- **What needs to be done**
In the entries below, spot each line with the word "that" and copy it.

- **Material for the task**
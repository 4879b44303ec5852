-- ===== src/RefreshGuard/Refresh/Pooled.antt =====
-- src/claude_code_state/chat.rs, `persist_oauth_refresh`: the tokens in the pool against the ones in the database.
use clewdr_hub.Common.{
  ℕ, ◌+◌, ◌<◌, ◌≤◌, ◌≡◌, ◌≢◌, refl, sym, ◌∙◌, subst, false, Bool-cases, ◌⊎◌, inl, inr, Option, none,
  some, List, ◌∷◌, ◌==◌, ==_iff, get, insert, remove, arith,
}
use clewdr_hub.RefreshGuard.{Phase, waiting, holding}
use clewdr_hub.RefreshGuard.Refresh.{
  Refreshes, Progress, read_token, exchanged, written, find_token, read_stored, read_phase, present,
}
use clewdr_hub.RefreshGuard.Refresh.Safe.{
  IsSafe, still_read, read_or_before, removed_other, inserted_other, same_task,
}
use clewdr_hub.RefreshGuard.Refresh.Steps.{read_stored-IsSafe}

-- A token in the pool is the stored one, or a task has presented it, written the next one and not yet updated the pool.
abbrev pub IsLinked : Refreshes → ℕ → ℕ → Type 0
IsLinked s a k =
    (get a s.stored ≡ some k) ⊎ ((t : ℕ) × (n : ℕ) × (get t s.current ≡ some (written a k n)))

-- The token that is issued for another one is a later one.
abbrev pub IsOrdered : Progress → Type 0
IsOrdered (read_token a k) = Unit {0}
IsOrdered (exchanged a k n) = k < n
IsOrdered (written a k n) = k < n

abbrev pub IsUnwritten : Option Progress → Type 0
IsUnwritten (some (written a k n)) = ⊥
IsUnwritten _ = Unit {0}

pub record IsPooled (s : Refreshes) : Type 0 where
  pub linked : (a k : ℕ) → get a s.pooled ≡ some k → IsLinked s a k
  pub ordered : (t : ℕ) (p : Progress) → get t s.current ≡ some p → IsOrdered p
  pub written_issued : (t a k n : ℕ) → get t s.current ≡ some (written a k n) → n < s.issued
  pub not_stored : (t a k n : ℕ) → get t s.current ≡ some (written a k n) → get a s.stored ≢ some k
  pub followed :
      (t a k n : ℕ)
      → get t s.current ≡ some (written a k n)
      → get a s.pooled ≡ some k
      → get a s.stored ≡ some n

-- A task that has not written is not one that has.
pub not_written :
    (t u a k n : ℕ) (c : List (ℕ × Progress))
    → IsUnwritten (get t c)
    → get u c ≡ some (written a k n)
    → (t == u) ≡ false
not_written t u a k n c d e = elim (Bool-cases (t == u)) [
  | inr q ↦ q
  | inl q ↦
      let at_t : get t c ≡ some (written a k n) = rw ((==_iff t u).0 q) e in
      let impossible : ⊥ = subst IsUnwritten at_t d in absurd impossible
]

-- A task that has not written goes.
pub removed-IsPooled :
    (t : ℕ) (s : Refreshes)
    → IsUnwritten (get t s.current)
    → IsPooled s
    → IsPooled (record s { current = remove t s.current })
removed-IsPooled t s d w = record {
  linked = λ a k e. elim (w.linked a k e) [
    | inl q ↦ inl q
    | inr (u, n, q) ↦
        inr (u, n, removed_other t u s.current _ (not_written t u a k n s.current d q) q)
  ];
  ordered = λ u p e. w.ordered u p (still_read t u s.current p e).1;
  written_issued =
      λ u a k n e. w.written_issued u a k n (still_read t u s.current (written a k n) e).1;
  not_stored = λ u a k n e. w.not_stored u a k n (still_read t u s.current (written a k n) e).1;
  followed = λ u a k n e. w.followed u a k n (still_read t u s.current (written a k n) e).1;
}

-- A task that has not written gets on, and does not write.
pub inserted-IsPooled :
    (t : ℕ) (v : Progress) (s : Refreshes)
    → IsUnwritten (get t s.current)
    → IsUnwritten (some v)
    → IsOrdered v
    → IsPooled s
    → IsPooled (record s { current = insert t v s.current })
inserted-IsPooled t v s d x o w = record {
  linked = λ a k e. elim (w.linked a k e) [
    | inl q ↦ inl q
    | inr (u, n, q) ↦
        inr (u, n, inserted_other t u s.current _ _ (not_written t u a k n s.current d q) q)
  ];
  ordered = λ u p e. elim (read_or_before t u s.current v p e) [
    | inl (same, q) ↦ subst IsOrdered q o
    | inr (q, before) ↦ w.ordered u p before
  ];
  written_issued = λ u a k n e. w.written_issued u a k n (before_it u a k n e);
  not_stored = λ u a k n e. w.not_stored u a k n (before_it u a k n e);
  followed = λ u a k n e. w.followed u a k n (before_it u a k n e);
}
  where
    before_it :
        (u a k n : ℕ)
        → get u (insert t v s.current) ≡ some (written a k n)
        → get u s.current ≡ some (written a k n)
    before_it u a k n e = elim (read_or_before t u s.current v (written a k n) e) [
      | inl (same, q) ↦
          let impossible : ⊥ = subst (λ p. IsUnwritten (some p)) q x in absurd impossible
      | inr (q, before) ↦ before
    ]

issued-IsPooled :
    (i : ℕ) (used : List (ℕ × ℕ)) (s : Refreshes)
    → s.issued ≤ i
    → IsPooled s
    → IsPooled (record s { issued = i; presented = used })
issued-IsPooled i used s h w = record {
  linked = w.linked;
  ordered = w.ordered;
  written_issued = λ t a k n e. omega (arith, h, w.written_issued t a k n e);
  not_stored = w.not_stored;
  followed = w.followed;
}

pub present-IsPooled :
    (t : ℕ) (progress : Option Progress) (s : Refreshes)
    → get t s.current ≡ progress
    → IsSafe s
    → IsPooled s
    → IsPooled (present t progress s)
present-IsPooled t none s h k w = w
present-IsPooled t (some (exchanged a i n)) s h k w = w
present-IsPooled t (some (written a i n)) s h k w = w
present-IsPooled t (some (read_token a i)) s h k w =
    inserted-IsPooled t (exchanged a i s.issued)
      (record s { issued = s.issued + 1; presented = (a, i) ∷ s.presented }) (rw h tt) tt
      (k.read_issued t a i h)
      (issued-IsPooled (s.issued + 1) ((a, i) ∷ s.presented) s (omega arith) w)

-- Under the guard of an account, and before anything is read, what is found is the stored token.
found_is_stored :
    (t a m k : ℕ) (s : Refreshes)
    → get t s.tasks.phases ≡ some (holding a m)
    → get t s.current ≡ none
    → IsSafe s
    → IsPooled s
    → (found : Option ℕ) → get a s.pooled ≡ found
    → find_token found (get a s.stored) ≡ some k
    → get a s.stored ≡ some k
found_is_stored t a m k s h i w p none g e = e
found_is_stored t a m k s h i w p (some j) g e = elim (p.linked a k (g ∙ e)) [
  | inl q ↦ q
  | inr (u, n, q) ↦
      let one : t ≡ u = same_task s t u a m (written a k n) w h q refl in
      let clash : none ≡ some (written a k n) = sym i ∙ rw one q in
      let impossible : ⊥ = cc in absurd impossible
]

read_found :
    (t a m : ℕ) (s : Refreshes)
    → get t s.tasks.phases ≡ some (holding a m)
    → get t s.current ≡ none
    → IsSafe s
    → IsPooled s
    → (found : Option ℕ) → find_token (get a s.pooled) (get a s.stored) ≡ found
    → IsSafe (read_stored t a found s) × IsPooled (read_stored t a found s)
read_found t a m s h i w p none e = (w, p)
read_found t a m s h i w p (some k) e = (
  read_stored-IsSafe t a m (some k) s h (found_is_stored t a m k s h i w p (get a s.pooled) refl e)
      i w,
  inserted-IsPooled t (read_token a k) s (rw i tt) tt tt p,
)

pub read_phase-IsSafe :
    (t : ℕ) (ph : Option Phase) (progress : Option Progress) (s : Refreshes)
    → get t s.tasks.phases ≡ ph
    → get t s.current ≡ progress
    → IsSafe s
    → IsPooled s
    → IsSafe (read_phase t ph progress s) × IsPooled (read_phase t ph progress s)
read_phase-IsSafe t ph (some v) s h i w p = (w, p)
read_phase-IsSafe t none none s h i w p = (w, p)
read_phase-IsSafe t (some (waiting a m)) none s h i w p = (w, p)
read_phase-IsSafe t (some (holding a m)) none s h i w p =
    read_found t a m s h i w p (find_token (get a s.pooled) (get a s.stored)) refl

- **Task answer**
-- The token that is issued for another one is a later one.
-- A task that has not written is not one that has.
-- A task that has not written goes.
-- A task that has not written gets on, and does not write.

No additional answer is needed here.